[Exercise requirements] Only the lines below between the ones containing "abbrev pub run_lost" and "row ← gets (λ", inclusive, are to be reproduced, each exactly as it stands.

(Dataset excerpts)
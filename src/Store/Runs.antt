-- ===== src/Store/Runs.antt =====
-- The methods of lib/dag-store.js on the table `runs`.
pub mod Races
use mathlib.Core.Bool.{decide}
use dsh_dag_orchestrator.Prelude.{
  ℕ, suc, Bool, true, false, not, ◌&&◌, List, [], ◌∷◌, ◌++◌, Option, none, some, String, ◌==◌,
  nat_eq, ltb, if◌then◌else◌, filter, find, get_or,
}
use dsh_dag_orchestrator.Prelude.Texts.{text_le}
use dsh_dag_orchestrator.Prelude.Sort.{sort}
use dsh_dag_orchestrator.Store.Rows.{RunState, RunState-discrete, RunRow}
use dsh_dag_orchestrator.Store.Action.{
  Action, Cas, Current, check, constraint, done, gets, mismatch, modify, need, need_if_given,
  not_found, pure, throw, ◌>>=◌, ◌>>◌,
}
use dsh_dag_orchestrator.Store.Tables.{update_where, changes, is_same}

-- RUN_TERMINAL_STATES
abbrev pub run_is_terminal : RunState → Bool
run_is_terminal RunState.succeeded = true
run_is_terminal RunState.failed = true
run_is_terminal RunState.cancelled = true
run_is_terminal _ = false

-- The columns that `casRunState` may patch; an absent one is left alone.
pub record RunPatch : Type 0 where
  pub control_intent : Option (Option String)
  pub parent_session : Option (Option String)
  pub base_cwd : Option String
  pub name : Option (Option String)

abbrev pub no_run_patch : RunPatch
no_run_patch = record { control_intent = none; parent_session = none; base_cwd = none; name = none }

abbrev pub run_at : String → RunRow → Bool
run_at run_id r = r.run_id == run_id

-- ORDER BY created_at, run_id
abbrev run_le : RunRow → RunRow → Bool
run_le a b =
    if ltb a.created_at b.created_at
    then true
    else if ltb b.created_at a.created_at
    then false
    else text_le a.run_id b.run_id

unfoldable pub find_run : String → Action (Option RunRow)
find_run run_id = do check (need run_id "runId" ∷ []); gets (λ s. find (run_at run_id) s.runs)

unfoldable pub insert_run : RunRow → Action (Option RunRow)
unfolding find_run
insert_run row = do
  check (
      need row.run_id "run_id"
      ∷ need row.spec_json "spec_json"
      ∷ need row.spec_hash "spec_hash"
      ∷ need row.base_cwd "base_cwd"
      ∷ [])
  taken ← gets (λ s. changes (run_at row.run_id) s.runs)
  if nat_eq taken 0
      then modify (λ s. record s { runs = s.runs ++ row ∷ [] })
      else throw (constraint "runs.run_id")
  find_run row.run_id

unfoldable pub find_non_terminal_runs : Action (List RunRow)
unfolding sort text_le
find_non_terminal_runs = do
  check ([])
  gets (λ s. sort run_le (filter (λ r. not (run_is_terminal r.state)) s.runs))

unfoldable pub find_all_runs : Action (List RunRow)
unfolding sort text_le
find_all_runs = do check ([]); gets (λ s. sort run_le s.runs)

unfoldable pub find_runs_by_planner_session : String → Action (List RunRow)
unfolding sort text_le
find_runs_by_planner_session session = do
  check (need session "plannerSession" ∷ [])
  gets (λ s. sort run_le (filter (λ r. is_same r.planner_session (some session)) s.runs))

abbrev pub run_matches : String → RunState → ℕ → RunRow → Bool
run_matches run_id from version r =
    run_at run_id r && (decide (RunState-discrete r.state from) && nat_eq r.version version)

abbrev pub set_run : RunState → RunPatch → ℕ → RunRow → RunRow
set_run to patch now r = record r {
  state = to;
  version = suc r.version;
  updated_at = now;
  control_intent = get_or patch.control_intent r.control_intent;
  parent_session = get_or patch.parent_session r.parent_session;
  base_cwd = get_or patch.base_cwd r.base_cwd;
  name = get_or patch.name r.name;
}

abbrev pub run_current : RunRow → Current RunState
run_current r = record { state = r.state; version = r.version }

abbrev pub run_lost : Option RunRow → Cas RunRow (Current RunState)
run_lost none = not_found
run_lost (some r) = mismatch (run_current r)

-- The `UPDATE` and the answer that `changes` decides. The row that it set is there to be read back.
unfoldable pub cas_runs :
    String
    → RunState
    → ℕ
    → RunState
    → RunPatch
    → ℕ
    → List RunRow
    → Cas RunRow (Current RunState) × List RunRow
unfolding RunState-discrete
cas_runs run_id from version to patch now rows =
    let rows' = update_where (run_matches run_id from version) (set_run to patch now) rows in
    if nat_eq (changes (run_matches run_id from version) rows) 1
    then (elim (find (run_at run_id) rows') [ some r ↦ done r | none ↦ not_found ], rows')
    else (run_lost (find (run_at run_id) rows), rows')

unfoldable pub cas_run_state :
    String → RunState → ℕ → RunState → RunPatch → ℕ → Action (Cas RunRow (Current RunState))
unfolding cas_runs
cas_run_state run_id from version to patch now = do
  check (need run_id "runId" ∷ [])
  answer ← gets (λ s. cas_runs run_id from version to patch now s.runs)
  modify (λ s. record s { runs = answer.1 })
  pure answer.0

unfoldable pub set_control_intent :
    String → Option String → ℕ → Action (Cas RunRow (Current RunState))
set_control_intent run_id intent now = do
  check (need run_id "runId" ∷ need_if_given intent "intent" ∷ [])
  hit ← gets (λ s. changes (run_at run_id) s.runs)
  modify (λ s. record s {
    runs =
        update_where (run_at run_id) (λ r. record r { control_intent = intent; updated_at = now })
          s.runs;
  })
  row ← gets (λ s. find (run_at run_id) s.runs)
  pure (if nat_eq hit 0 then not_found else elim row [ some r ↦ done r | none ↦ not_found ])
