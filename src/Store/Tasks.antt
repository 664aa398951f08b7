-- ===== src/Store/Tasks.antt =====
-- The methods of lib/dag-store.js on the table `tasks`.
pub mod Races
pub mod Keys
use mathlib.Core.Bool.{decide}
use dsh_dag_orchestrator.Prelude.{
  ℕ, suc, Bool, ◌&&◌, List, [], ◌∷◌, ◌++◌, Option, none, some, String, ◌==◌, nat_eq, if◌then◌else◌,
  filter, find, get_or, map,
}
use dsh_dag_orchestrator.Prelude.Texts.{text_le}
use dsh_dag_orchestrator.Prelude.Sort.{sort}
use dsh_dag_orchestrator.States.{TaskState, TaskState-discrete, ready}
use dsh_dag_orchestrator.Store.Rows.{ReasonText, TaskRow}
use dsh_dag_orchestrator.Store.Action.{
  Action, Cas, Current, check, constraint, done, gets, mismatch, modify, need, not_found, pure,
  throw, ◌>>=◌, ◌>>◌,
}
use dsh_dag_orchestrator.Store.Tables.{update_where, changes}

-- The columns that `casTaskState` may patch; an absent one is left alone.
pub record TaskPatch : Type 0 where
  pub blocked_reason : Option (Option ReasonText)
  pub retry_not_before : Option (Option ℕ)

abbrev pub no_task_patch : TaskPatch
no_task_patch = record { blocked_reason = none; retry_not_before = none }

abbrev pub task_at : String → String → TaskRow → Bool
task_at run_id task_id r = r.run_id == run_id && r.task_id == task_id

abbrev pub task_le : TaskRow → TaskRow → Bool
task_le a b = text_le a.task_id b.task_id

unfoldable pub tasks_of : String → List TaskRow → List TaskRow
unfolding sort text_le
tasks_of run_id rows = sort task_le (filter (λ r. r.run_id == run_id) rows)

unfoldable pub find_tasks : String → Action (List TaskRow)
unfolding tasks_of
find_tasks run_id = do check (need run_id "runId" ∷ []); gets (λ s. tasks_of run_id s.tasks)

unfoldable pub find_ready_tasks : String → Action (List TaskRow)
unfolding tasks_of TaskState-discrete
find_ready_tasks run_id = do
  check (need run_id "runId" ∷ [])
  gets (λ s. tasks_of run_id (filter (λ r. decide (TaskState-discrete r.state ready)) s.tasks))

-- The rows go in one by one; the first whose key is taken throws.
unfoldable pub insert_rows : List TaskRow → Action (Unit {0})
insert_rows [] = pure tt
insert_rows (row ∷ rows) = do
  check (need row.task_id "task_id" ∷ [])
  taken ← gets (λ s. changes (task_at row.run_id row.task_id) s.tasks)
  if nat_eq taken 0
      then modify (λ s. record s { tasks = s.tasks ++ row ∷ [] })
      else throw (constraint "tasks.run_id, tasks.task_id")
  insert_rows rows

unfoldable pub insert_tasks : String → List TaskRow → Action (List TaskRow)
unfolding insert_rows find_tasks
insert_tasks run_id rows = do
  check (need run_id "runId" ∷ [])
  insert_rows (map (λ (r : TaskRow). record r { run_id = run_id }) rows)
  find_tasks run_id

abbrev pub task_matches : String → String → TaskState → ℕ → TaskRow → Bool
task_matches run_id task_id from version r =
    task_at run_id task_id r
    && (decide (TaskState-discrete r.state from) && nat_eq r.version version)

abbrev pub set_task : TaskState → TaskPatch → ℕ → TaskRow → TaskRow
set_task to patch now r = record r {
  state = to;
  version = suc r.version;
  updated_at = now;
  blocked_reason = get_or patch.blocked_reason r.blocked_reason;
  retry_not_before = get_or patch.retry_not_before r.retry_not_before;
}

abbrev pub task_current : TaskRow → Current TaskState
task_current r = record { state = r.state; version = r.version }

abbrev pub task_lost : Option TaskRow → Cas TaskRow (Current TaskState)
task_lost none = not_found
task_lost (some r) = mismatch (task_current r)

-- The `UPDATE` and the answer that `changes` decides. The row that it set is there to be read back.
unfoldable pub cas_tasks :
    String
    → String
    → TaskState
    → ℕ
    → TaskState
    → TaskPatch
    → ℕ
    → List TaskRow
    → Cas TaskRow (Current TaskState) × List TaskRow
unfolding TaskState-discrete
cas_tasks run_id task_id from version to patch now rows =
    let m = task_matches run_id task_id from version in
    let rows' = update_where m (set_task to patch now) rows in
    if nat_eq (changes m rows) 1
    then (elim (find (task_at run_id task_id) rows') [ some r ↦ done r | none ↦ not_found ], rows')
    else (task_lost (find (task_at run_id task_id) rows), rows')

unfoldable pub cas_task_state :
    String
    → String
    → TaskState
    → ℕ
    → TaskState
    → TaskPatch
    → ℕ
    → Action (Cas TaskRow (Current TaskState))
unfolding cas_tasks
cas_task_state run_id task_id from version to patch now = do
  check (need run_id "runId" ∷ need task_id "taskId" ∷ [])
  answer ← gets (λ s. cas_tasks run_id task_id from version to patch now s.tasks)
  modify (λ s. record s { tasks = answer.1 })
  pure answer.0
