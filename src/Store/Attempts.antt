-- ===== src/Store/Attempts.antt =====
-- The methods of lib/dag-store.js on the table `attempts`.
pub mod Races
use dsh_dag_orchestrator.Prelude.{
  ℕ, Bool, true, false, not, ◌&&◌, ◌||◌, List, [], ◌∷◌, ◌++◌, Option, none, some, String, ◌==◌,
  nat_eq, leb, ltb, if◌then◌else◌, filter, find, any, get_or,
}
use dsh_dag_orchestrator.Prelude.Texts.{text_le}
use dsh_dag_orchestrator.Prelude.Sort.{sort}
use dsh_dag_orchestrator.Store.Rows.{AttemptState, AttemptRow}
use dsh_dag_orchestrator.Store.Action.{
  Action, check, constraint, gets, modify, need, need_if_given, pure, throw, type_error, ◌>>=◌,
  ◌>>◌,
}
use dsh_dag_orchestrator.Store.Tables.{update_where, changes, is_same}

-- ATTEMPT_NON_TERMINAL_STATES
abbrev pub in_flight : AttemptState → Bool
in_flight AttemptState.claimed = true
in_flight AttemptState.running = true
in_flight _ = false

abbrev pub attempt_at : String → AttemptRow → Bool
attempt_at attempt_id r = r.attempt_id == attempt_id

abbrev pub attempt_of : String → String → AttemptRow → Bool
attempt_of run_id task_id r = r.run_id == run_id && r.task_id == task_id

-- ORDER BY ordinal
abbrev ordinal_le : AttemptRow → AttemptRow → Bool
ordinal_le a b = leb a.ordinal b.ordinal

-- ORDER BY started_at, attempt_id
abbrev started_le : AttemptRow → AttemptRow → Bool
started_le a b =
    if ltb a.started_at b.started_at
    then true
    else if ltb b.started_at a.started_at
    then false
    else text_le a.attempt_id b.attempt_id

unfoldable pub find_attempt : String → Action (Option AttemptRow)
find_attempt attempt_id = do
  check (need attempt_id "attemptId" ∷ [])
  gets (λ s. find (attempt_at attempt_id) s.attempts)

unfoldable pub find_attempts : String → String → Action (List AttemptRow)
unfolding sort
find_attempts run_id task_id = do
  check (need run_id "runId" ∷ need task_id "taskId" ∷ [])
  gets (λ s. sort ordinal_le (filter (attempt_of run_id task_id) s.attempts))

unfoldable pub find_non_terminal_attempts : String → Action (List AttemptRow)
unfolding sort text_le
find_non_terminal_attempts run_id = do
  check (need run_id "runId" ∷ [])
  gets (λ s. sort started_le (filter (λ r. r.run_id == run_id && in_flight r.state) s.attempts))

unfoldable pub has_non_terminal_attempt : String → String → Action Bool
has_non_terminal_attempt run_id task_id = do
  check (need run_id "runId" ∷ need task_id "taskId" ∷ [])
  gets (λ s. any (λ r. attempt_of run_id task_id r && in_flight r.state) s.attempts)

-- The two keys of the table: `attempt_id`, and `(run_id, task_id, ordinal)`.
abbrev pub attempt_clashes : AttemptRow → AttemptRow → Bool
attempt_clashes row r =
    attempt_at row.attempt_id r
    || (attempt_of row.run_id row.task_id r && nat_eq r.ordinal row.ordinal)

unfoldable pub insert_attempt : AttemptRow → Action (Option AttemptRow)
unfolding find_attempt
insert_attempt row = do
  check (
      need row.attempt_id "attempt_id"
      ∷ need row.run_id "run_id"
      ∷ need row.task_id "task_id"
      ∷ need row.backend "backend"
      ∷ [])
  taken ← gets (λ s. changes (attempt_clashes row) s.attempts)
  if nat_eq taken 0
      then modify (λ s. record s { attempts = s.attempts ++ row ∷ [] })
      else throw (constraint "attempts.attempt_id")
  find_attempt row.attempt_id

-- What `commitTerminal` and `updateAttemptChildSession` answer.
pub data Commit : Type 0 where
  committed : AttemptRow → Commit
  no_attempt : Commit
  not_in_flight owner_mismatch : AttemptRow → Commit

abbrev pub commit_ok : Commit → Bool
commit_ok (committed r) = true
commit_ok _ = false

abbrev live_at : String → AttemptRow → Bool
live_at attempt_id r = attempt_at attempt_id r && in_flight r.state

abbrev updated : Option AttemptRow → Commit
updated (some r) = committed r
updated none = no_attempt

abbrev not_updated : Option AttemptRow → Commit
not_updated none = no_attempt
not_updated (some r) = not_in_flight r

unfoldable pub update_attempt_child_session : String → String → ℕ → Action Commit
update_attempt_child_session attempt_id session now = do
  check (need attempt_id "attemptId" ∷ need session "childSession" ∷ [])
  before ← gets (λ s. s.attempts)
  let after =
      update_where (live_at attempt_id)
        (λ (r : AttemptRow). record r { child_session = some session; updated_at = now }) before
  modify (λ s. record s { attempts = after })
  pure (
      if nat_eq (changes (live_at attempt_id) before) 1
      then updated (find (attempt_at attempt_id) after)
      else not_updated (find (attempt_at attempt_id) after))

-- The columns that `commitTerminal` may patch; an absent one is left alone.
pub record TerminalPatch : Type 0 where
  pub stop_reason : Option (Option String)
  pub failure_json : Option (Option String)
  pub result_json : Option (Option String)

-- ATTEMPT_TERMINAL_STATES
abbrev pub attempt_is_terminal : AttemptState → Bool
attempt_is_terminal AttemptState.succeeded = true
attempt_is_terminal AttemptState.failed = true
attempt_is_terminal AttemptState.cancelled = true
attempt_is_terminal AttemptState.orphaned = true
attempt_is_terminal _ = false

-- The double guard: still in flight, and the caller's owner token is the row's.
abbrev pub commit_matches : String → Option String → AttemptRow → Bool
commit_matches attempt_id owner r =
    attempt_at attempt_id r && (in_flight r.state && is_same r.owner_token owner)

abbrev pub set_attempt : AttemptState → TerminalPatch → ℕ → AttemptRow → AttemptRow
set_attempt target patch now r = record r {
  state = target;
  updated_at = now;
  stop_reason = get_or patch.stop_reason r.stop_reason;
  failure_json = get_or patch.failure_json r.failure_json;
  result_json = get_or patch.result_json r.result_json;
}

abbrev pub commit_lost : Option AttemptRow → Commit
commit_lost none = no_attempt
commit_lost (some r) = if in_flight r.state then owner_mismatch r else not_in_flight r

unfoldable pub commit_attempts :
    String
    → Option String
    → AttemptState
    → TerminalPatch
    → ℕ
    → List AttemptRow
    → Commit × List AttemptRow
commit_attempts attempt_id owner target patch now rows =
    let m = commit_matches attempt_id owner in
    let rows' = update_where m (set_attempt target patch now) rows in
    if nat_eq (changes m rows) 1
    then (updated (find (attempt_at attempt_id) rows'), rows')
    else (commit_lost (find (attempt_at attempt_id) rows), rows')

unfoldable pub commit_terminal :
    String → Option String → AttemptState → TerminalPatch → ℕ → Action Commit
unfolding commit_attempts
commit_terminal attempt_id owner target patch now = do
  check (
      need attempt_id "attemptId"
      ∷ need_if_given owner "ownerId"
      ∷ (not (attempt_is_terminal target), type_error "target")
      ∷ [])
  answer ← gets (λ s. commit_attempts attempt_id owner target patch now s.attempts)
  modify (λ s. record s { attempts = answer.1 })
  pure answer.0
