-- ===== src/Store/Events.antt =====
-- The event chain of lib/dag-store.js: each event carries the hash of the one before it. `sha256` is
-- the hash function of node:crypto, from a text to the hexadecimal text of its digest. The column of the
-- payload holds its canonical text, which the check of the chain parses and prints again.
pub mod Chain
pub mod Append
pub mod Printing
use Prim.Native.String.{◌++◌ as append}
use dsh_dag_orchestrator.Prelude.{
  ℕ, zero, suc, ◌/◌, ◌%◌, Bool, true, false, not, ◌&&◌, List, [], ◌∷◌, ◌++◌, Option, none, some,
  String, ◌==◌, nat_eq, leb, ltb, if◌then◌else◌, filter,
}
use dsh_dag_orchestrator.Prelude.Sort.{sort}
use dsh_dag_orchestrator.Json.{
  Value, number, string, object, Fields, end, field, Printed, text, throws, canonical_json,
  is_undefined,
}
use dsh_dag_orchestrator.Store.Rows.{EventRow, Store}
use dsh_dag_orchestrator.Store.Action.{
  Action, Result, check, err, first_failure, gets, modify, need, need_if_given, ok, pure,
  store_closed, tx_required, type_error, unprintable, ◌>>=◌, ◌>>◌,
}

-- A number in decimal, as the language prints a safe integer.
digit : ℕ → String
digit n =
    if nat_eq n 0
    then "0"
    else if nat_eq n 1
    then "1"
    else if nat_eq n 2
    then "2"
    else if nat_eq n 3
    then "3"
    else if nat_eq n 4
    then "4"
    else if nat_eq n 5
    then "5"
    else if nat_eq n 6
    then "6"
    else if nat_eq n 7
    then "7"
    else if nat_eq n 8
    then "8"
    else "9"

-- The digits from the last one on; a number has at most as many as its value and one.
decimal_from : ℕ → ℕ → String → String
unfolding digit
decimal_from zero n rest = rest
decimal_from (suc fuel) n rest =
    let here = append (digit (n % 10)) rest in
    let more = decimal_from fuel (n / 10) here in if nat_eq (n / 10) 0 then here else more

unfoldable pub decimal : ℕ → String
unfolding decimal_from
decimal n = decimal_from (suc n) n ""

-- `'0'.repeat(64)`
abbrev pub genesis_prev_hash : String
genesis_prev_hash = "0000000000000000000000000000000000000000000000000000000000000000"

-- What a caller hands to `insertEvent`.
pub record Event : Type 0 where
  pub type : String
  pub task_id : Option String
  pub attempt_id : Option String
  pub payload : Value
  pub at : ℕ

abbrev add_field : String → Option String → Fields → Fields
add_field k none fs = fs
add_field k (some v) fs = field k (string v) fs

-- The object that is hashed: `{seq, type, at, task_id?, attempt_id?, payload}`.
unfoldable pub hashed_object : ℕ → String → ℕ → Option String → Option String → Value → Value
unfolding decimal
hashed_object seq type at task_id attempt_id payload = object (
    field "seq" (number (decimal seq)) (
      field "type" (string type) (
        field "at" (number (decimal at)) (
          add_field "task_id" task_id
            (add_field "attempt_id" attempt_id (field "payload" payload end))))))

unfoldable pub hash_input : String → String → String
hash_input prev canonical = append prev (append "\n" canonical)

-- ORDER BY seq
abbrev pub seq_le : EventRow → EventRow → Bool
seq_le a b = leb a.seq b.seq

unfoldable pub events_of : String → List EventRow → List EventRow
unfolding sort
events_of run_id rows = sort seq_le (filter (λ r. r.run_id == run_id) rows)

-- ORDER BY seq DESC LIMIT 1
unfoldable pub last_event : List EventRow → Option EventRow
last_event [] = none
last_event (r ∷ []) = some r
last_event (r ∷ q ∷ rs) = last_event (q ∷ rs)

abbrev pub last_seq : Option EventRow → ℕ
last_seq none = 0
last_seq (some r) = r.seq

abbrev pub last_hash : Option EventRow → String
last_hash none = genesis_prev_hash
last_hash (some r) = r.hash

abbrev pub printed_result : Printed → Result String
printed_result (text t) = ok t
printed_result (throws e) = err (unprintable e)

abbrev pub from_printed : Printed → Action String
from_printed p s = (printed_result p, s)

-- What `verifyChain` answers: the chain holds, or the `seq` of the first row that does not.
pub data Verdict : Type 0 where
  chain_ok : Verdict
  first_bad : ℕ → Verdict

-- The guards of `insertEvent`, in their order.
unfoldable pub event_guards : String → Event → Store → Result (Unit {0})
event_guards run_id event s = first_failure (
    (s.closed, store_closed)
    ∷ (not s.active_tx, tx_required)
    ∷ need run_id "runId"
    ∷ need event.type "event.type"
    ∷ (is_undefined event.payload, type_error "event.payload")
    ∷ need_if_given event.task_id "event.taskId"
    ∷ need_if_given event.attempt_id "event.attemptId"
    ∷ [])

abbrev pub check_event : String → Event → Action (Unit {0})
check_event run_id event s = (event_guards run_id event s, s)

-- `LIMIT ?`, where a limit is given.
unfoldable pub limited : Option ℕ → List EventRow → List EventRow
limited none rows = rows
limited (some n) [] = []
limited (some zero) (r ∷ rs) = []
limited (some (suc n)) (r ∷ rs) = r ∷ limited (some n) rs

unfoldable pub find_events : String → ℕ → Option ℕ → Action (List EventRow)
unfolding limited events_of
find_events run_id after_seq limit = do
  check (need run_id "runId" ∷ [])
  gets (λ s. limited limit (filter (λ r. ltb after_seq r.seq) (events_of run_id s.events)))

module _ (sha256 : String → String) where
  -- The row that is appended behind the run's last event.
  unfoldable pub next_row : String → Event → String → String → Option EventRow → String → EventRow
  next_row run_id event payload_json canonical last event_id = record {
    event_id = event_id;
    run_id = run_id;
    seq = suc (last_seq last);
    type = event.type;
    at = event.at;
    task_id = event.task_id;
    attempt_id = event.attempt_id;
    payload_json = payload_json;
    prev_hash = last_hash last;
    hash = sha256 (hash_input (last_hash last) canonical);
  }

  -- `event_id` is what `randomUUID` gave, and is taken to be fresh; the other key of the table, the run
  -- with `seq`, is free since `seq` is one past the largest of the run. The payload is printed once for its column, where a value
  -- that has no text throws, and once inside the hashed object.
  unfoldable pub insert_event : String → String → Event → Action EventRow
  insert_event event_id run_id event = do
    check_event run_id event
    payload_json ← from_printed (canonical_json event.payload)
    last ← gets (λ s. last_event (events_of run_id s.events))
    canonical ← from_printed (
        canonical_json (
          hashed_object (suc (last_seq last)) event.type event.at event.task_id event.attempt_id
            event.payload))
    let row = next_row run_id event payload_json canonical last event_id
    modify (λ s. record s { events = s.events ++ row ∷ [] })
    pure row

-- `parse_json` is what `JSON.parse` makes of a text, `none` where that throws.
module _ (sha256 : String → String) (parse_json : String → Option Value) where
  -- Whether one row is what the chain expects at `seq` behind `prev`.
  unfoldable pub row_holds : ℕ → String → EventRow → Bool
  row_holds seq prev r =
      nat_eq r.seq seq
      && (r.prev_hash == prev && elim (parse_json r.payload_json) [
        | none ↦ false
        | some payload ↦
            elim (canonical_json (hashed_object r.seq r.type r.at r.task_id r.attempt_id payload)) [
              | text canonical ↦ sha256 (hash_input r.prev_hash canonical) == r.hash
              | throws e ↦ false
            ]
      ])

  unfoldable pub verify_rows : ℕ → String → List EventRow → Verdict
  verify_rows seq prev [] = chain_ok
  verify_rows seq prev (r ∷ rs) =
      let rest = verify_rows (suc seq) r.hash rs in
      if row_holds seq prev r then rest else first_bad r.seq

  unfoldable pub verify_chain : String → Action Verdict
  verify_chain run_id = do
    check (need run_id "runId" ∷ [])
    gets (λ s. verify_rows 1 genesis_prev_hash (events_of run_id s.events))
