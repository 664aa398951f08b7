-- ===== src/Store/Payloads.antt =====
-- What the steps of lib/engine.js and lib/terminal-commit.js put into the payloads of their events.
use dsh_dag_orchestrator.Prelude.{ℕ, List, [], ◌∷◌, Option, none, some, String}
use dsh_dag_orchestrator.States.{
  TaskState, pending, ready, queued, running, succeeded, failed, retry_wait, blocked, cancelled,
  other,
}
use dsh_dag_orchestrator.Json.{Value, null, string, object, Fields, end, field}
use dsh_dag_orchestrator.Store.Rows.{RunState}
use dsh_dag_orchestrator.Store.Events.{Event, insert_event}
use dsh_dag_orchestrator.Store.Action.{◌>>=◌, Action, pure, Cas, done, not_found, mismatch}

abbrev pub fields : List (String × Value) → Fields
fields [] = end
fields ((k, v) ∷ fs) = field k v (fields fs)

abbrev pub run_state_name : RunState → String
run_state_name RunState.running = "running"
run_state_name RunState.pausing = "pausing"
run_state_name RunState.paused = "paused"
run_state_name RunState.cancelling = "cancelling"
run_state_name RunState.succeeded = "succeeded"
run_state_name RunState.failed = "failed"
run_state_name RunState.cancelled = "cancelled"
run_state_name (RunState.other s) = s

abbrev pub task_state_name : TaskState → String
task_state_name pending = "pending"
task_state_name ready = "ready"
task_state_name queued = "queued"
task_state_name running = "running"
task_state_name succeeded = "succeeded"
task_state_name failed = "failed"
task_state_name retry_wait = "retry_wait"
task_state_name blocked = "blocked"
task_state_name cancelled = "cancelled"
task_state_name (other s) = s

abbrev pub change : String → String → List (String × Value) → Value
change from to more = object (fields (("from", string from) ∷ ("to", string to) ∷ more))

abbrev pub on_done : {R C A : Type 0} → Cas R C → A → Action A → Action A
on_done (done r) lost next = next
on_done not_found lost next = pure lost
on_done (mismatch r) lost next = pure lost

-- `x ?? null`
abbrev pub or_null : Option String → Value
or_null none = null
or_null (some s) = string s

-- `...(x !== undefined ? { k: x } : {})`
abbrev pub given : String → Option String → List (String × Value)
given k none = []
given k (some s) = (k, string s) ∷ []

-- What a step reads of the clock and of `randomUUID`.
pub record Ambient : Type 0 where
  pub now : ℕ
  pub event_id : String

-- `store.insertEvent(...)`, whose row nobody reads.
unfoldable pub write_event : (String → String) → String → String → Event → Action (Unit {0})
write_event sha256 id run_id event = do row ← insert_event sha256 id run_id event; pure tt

[Answer box]
abbrev pub run_lost : Option RunRow → Cas RunRow (Current RunState)
run_lost none = not_found
run_lost (some r) = mismatch (run_current r)

-- The `UPDATE` and the answer that `changes` decides. The row that it set is there to be read back.
unfoldable pub cas_runs :
    String
    → RunState
    → ℕ
    → RunState
    → RunPatch
    → ℕ
    → List RunRow
    → Cas RunRow (Current RunState) × List RunRow
unfolding RunState-discrete
cas_runs run_id from version to patch now rows =
    let rows' = update_where (run_matches run_id from version) (set_run to patch now) rows in
    if nat_eq (changes (run_matches run_id from version) rows) 1
    then (elim (find (run_at run_id) rows') [ some r ↦ done r | none ↦ not_found ], rows')
    else (run_lost (find (run_at run_id) rows), rows')

unfoldable pub cas_run_state :
    String → RunState → ℕ → RunState → RunPatch → ℕ → Action (Cas RunRow (Current RunState))
unfolding cas_runs
cas_run_state run_id from version to patch now = do
  check (need run_id "runId" ∷ [])
  answer ← gets (λ s. cas_runs run_id from version to patch now s.runs)
  modify (λ s. record s { runs = answer.1 })
  pure answer.0

unfoldable pub set_control_intent :
    String → Option String → ℕ → Action (Cas RunRow (Current RunState))
set_control_intent run_id intent now = do
  check (need run_id "runId" ∷ need_if_given intent "intent" ∷ [])
  hit ← gets (λ s. changes (run_at run_id) s.runs)
  modify (λ s. record s {
    runs =
        update_where (run_at run_id) (λ r. record r { control_intent = intent; updated_at = now })
          s.runs;
  })
  row ← gets (λ s. find (run_at run_id) s.runs)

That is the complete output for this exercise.